[Stored entries]

-- ===== src/Signals.antt =====
-- `Interaction and synchronization of processes`: the parent that starts and ends children, parent.c,
-- and the child that counts and reports, child.c. A child's end reaches the parent as SIGCHLD; the
-- model lets that signal come between two commands, behind a command, and, within a deletion, on both
-- sides of its loop. In the middle of `case_plus` and of a loop it is left out.
pub mod Reaping
pub mod Gap
pub mod Deletion
pub mod Races
pub mod Commands
pub mod Child
mod Tests
use osa_sp.Base.{
  ℕ, zero, suc, ◌+◌, ◌-◌, ◌*◌, ◌/◌, ◌%◌, Bool, true, false, ◌||◌, Option, none, some, List, [], ◌∷◌,
  ◌++◌, ltb, leb, ◌==◌, if◌then◌else◌, length, take, get_or, codes, until_newline,
}

-- process_info
pub record ProcessInfo : Type 0 where
  pub pid : ℕ
  pub name : List ℕ

abbrev pub process_info : ℕ → List ℕ → ProcessInfo
process_info pid name = record { pid = pid; name = name }

pub data Signal : Type 0 where
  sigterm sigkill : Signal

-- The globals of parent.c: the first `child_processes_size` entries of the array, its capacity, and the
-- signals sent so far.
pub record Parent : Type 0 where
  pub processes : List ProcessInfo
  pub capacity : ℕ
  pub sent : List (ℕ × Signal)

abbrev pub first_capacity : ℕ
first_capacity = 8

-- `allocate_child_processes`
abbrev pub start : Parent
start = record { processes = []; capacity = first_capacity; sent = [] }

-- `%02zu`; the fuel is the number itself, which has no more digits than that.
unfoldable pub print_decimal : ℕ → ℕ → List ℕ
print_decimal zero n = (b'0' + n) ∷ []
print_decimal (suc fuel) n =
    let higher = print_decimal fuel (n / 10) in
    if ltb n 10 then (b'0' + n) ∷ [] else higher ++ ((b'0' + n % 10) ∷ [])

abbrev pub two_digits : ℕ → List ℕ
two_digits n = if ltb n 10 then b'0' ∷ print_decimal n n else print_decimal n n

-- `snprintf(name, sizeof(name), "C_%02zu", index)`
unfoldable pub label : ℕ → List ℕ
label index = take (first_capacity * 2 - 1) (codes "C_" ++ two_digits index)

-- `find_process_index_by_pid`; `none` is -1.
unfoldable pub find_process_index_by_pid : ℕ → List ProcessInfo → Option ℕ
find_process_index_by_pid pid [] = none
find_process_index_by_pid pid (p ∷ ps) =
    let rest = find_process_index_by_pid pid ps in
    if p.pid == pid then some 0 else elim rest [ none ↦ none | some i ↦ some (suc i) ]

unfoldable pub find_process_name_by_pid : ℕ → List ProcessInfo → Option (List ℕ)
find_process_name_by_pid pid ps = elim (find_process_index_by_pid pid ps) [
  | none ↦ none
  | some i ↦ some (get_or ps i (process_info 0 [])).name
]

-- What `signal_handler` prints on SIGUSR1, where a child's report begins, and on SIGUSR2, where it ends:
-- the child's name, or that it is unknown.
pub record Reporting : Type 0 where
  pub ends : Bool
  pub name : Option (List ℕ)
  pub pid : ℕ

unfoldable pub child_reports : Bool → ℕ → List ProcessInfo → Reporting
child_reports ends pid ps = record {
  ends = ends;
  name = find_process_name_by_pid pid ps;
  pid = pid;
}

-- The loop that moves the entries behind `index` down by one, and the size by one with it. Behind the
-- last entry the loop does nothing, and the last entry goes. `none` is the loop that runs out of the
-- array, as `child_processes_size - 1` of the size 0 makes it.
unfoldable pub shift_down : ℕ → List ProcessInfo → Option (List ProcessInfo)
shift_down index [] = none
shift_down zero (p ∷ ps) = some ps
shift_down (suc index) (p ∷ []) = some []
shift_down (suc index) (p ∷ q ∷ ps) =
    let rest = shift_down index (q ∷ ps) in elim rest [ none ↦ none | some qs ↦ some (p ∷ qs) ]

-- What the loops over `waitpid` do for one pid: the index that is found is inside the array.
unfoldable pub reap : ℕ → List ProcessInfo → List ProcessInfo
reap pid ps = elim (find_process_index_by_pid pid ps) [
  | none ↦ ps
  | some i ↦ elim (shift_down i ps) [ none ↦ ps | some rest ↦ rest ]
]

-- `signal_handler` on SIGCHLD, and the loop at the end of a command: the pids that `waitpid` gives.
unfoldable pub reap_all : List ℕ → List ProcessInfo → List ProcessInfo
reap_all [] ps = ps
reap_all (pid ∷ pids) ps = reap_all pids (reap pid ps)

abbrev pub new_capacity : Parent → ℕ
new_capacity s = if leb s.capacity (length s.processes) then s.capacity * 2 else s.capacity

-- `case_plus` behind the array's growth; `none` is a `fork` that fails.
unfoldable pub start_child : Option ℕ → Parent → Parent
start_child none s = s
start_child (some pid) s = record s {
  processes = s.processes ++ (process_info pid (label (length s.processes)) ∷ []);
}

-- `case_plus`, with whether `realloc` succeeds and the pid that `fork` gives.
unfoldable pub case_plus : Bool → Option ℕ → Parent → Parent
case_plus allocated forked s =
    if leb s.capacity (length s.processes)
    then (if allocated then start_child forked (record s { capacity = new_capacity s }) else s)
    else start_child forked s

-- The pids that SIGCHLD reaps during a deletion: between its `kill` and its loop, and between its loop
-- and the decrement of the size.
pub record Meanwhile : Type 0 where
  pub before_loop : List ℕ
  pub behind_loop : List ℕ

abbrev pub meanwhile : List ℕ → List ℕ → Meanwhile
meanwhile before_loop behind_loop = record { before_loop = before_loop; behind_loop = behind_loop }

-- The entries once the loop of a deletion has run, when the size still counts the last one; `none` is
-- the loop that runs out of the array.
unfoldable pub move_down : ℕ → List ProcessInfo → Option (List ProcessInfo)
move_down index [] = none
move_down zero (p ∷ []) = some (p ∷ [])
move_down zero (p ∷ q ∷ ps) =
    let rest = move_down zero (q ∷ ps) in elim rest [ none ↦ none | some qs ↦ some (q ∷ qs) ]
move_down (suc index) (p ∷ []) = some (p ∷ [])
move_down (suc index) (p ∷ q ∷ ps) =
    let rest = move_down index (q ∷ ps) in elim rest [ none ↦ none | some qs ↦ some (p ∷ qs) ]

-- `child_processes_size--`; `none` is the size 0, of which it makes SIZE_MAX.
unfoldable pub lower : List ProcessInfo → Option (List ProcessInfo)
lower [] = none
lower (p ∷ []) = some []
lower (p ∷ q ∷ ps) =
    let rest = lower (q ∷ ps) in elim rest [ none ↦ none | some qs ↦ some (p ∷ qs) ]

unfoldable pub lower_behind : List ℕ → Option (List ProcessInfo) → Option (List ProcessInfo)
lower_behind reaped none = none
lower_behind reaped (some moved) = lower (reap_all reaped moved)

unfoldable pub without_gap : Meanwhile → ℕ → List ProcessInfo → Option (List ProcessInfo)
without_gap m index ps = lower_behind m.behind_loop (move_down index (reap_all m.before_loop ps))

-- `delete_child_process_by_index` once it has sent the signal.
unfoldable pub close_gap : Meanwhile → ℕ → Parent → Option Parent
close_gap m index s = elim (without_gap m index s.processes) [
  | none ↦ none
  | some rest ↦ some (record s { processes = rest })
]

abbrev pub pid_at : List ProcessInfo → ℕ → ℕ
pid_at ps index = (get_or ps index (process_info 0 [])).pid

-- `delete_child_process_by_index`
unfoldable pub delete_child_process_by_index : Meanwhile → ℕ → Parent → Option Parent
delete_child_process_by_index reaped index s =
    if leb (length s.processes) index
    then some s
    else close_gap reaped index
        (record s { sent = s.sent ++ ((pid_at s.processes index, sigterm) ∷ []) })

-- `case_minus`
unfoldable pub case_minus : Meanwhile → Parent → Option Parent
case_minus reaped s =
    if length s.processes == 0
    then some s
    else delete_child_process_by_index reaped (length s.processes - 1) s

abbrev pub next_reaped : List Meanwhile → Meanwhile
next_reaped [] = meanwhile [] []
next_reaped (m ∷ _) = m

abbrev pub later_reaped : List Meanwhile → List Meanwhile
later_reaped [] = []
later_reaped (_ ∷ reaped) = reaped

-- `delete_all_children`, with the pids that SIGCHLD reaps in each deletion; the fuel is the size.
unfoldable pub delete_from_last : ℕ → List Meanwhile → Parent → Option Parent
delete_from_last zero reaped s = some s
delete_from_last (suc fuel) reaped s =
    if length s.processes == 0
    then some s
    else elim (delete_child_process_by_index (next_reaped reaped) (length s.processes - 1) s) [
      | none ↦ none
      | some s' ↦ delete_from_last fuel (later_reaped reaped) s'
    ]

unfoldable pub delete_all_children : List Meanwhile → Parent → Option Parent
delete_all_children reaped s = delete_from_last (length s.processes) reaped s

:: Task to carry out ::
Transcribe exactly, and only, the lines from the opening line of the records through the line containing "let rest = find_process_index_by_pid".

:: Completed task ::
-- ===== src/Signals.antt =====
-- `Interaction and synchronization of processes`: the parent that starts and ends children, parent.c,
-- and the child that counts and reports, child.c. A child's end reaches the parent as SIGCHLD; the
-- model lets that signal come between two commands, behind a command, and, within a deletion, on both
-- sides of its loop. In the middle of `case_plus` and of a loop it is left out.
pub mod Reaping
pub mod Gap
pub mod Deletion
pub mod Races
pub mod Commands
pub mod Child
mod Tests
use osa_sp.Base.{
  ℕ, zero, suc, ◌+◌, ◌-◌, ◌*◌, ◌/◌, ◌%◌, Bool, true, false, ◌||◌, Option, none, some, List, [], ◌∷◌,
  ◌++◌, ltb, leb, ◌==◌, if◌then◌else◌, length, take, get_or, codes, until_newline,
}

-- process_info
pub record ProcessInfo : Type 0 where
  pub pid : ℕ
  pub name : List ℕ

abbrev pub process_info : ℕ → List ℕ → ProcessInfo
process_info pid name = record { pid = pid; name = name }

pub data Signal : Type 0 where
  sigterm sigkill : Signal

-- The globals of parent.c: the first `child_processes_size` entries of the array, its capacity, and the
-- signals sent so far.
pub record Parent : Type 0 where
  pub processes : List ProcessInfo
  pub capacity : ℕ
  pub sent : List (ℕ × Signal)

abbrev pub first_capacity : ℕ
first_capacity = 8

-- `allocate_child_processes`
abbrev pub start : Parent
start = record { processes = []; capacity = first_capacity; sent = [] }

-- `%02zu`; the fuel is the number itself, which has no more digits than that.
unfoldable pub print_decimal : ℕ → ℕ → List ℕ
print_decimal zero n = (b'0' + n) ∷ []
print_decimal (suc fuel) n =
    let higher = print_decimal fuel (n / 10) in
    if ltb n 10 then (b'0' + n) ∷ [] else higher ++ ((b'0' + n % 10) ∷ [])

abbrev pub two_digits : ℕ → List ℕ
two_digits n = if ltb n 10 then b'0' ∷ print_decimal n n else print_decimal n n

-- `snprintf(name, sizeof(name), "C_%02zu", index)`
unfoldable pub label : ℕ → List ℕ
label index = take (first_capacity * 2 - 1) (codes "C_" ++ two_digits index)

-- `find_process_index_by_pid`; `none` is -1.
unfoldable pub find_process_index_by_pid : ℕ → List ProcessInfo → Option ℕ
find_process_index_by_pid pid [] = none
find_process_index_by_pid pid (p ∷ ps) =
    let rest = find_process_index_by_pid pid ps in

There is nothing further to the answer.